Please copy exactly the lines from the top of the data through the line containing "pub mod Lines", and nothing else.

*****

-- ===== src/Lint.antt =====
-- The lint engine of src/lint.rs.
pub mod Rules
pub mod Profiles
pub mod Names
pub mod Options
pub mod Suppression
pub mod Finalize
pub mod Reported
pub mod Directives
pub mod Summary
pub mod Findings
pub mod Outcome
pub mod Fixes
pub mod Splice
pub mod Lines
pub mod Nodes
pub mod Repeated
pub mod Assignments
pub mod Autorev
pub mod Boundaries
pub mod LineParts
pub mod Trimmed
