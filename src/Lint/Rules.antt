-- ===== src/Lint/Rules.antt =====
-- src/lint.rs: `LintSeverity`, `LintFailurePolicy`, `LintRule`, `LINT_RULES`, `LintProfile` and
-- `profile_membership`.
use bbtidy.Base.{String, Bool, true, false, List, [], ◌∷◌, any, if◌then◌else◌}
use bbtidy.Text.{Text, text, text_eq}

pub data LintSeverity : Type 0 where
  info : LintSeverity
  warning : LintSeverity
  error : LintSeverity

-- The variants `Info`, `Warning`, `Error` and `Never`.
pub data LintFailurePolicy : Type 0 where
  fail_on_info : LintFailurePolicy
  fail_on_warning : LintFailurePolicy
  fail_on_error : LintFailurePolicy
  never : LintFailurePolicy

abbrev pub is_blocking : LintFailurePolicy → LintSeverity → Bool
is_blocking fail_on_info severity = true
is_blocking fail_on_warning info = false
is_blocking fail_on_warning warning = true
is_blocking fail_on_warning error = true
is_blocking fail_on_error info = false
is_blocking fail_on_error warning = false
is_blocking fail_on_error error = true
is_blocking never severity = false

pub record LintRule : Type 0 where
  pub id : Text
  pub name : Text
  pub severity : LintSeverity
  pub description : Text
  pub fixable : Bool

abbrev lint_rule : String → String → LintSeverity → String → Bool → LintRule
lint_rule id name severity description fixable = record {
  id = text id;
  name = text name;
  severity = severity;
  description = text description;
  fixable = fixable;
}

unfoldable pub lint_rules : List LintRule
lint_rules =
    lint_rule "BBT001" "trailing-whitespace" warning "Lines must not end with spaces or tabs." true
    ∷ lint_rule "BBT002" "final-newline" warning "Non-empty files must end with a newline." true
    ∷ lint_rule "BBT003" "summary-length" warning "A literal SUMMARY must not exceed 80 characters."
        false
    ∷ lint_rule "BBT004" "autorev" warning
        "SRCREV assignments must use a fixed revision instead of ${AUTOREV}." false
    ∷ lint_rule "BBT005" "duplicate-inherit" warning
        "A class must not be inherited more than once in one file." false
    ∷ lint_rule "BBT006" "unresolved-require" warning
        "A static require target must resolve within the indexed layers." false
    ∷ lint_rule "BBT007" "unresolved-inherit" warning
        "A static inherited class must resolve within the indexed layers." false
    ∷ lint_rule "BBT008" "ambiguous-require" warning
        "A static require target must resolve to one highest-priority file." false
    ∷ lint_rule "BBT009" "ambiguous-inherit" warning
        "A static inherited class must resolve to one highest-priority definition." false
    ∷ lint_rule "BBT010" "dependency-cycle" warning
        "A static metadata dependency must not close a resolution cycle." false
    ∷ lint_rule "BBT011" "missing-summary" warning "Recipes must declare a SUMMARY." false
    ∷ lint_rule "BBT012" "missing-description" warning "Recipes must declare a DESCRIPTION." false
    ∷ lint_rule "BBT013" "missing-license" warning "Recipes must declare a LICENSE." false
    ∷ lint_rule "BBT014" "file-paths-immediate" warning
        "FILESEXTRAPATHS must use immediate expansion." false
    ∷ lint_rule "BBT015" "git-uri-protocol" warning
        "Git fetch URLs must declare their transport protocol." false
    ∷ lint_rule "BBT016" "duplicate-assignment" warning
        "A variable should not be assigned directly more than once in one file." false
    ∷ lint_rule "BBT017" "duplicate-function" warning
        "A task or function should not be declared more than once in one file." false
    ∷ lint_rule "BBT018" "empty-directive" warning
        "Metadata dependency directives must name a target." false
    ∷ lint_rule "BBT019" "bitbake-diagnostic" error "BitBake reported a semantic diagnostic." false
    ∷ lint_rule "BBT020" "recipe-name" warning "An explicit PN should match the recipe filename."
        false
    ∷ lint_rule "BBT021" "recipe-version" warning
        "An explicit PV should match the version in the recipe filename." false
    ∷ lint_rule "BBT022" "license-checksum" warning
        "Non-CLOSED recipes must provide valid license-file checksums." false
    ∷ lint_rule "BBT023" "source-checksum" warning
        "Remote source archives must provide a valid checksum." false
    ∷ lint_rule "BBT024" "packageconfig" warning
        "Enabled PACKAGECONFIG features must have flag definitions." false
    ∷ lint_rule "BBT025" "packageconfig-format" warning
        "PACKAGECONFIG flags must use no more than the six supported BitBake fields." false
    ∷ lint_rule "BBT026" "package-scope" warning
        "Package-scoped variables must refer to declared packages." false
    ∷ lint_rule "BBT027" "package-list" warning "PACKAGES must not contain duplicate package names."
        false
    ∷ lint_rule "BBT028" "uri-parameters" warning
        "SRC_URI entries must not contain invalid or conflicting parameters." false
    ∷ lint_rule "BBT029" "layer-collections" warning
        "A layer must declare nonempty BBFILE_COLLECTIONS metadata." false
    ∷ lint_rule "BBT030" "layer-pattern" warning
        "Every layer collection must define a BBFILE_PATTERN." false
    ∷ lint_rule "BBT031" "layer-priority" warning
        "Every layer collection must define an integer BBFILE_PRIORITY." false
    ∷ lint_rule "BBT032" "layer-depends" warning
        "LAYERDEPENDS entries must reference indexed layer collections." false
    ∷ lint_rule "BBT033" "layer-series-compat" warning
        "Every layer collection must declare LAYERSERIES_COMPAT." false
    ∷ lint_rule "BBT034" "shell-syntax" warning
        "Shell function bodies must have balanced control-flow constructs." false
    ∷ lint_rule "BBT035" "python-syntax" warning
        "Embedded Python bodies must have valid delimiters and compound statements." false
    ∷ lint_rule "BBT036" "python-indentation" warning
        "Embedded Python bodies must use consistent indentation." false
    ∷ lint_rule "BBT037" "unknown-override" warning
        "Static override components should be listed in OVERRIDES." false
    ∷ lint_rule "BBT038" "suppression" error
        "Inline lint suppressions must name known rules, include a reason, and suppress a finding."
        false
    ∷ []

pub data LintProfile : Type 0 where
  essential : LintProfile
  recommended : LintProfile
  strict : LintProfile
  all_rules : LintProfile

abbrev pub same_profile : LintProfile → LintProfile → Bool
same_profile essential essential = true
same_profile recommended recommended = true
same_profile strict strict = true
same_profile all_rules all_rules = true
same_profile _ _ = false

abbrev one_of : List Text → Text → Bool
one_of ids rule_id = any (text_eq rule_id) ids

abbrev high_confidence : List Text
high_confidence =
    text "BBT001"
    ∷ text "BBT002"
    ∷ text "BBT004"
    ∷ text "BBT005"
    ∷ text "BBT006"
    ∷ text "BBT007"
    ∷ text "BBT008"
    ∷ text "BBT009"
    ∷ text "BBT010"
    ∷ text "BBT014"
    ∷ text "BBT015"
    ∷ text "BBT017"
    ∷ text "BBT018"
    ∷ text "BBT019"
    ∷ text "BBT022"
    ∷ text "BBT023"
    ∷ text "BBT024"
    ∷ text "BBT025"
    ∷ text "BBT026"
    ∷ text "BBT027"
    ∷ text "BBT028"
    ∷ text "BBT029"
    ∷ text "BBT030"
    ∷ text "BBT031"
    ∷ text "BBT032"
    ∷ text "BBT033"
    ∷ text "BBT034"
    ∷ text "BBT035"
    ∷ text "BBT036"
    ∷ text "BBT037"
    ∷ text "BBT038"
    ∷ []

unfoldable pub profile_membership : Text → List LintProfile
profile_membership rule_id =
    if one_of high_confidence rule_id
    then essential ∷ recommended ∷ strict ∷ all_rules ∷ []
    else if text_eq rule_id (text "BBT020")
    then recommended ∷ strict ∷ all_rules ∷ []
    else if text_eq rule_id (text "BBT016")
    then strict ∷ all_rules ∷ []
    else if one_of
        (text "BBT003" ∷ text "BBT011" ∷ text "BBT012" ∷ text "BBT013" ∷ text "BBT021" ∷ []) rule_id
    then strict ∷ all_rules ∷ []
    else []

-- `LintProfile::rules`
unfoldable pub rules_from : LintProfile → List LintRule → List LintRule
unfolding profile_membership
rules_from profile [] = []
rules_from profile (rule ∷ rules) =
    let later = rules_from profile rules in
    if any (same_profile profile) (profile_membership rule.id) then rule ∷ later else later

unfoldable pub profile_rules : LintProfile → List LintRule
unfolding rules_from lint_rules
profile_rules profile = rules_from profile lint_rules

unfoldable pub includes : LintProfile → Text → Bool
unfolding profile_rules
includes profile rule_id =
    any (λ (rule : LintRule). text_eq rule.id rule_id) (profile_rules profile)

*****

## Your solution
-- ===== src/Lint.antt =====
-- The lint engine of src/lint.rs.
pub mod Rules
pub mod Profiles
pub mod Names
pub mod Options
pub mod Suppression
pub mod Finalize
pub mod Reported
pub mod Directives
pub mod Summary
pub mod Findings
pub mod Outcome
pub mod Fixes
pub mod Splice
pub mod Lines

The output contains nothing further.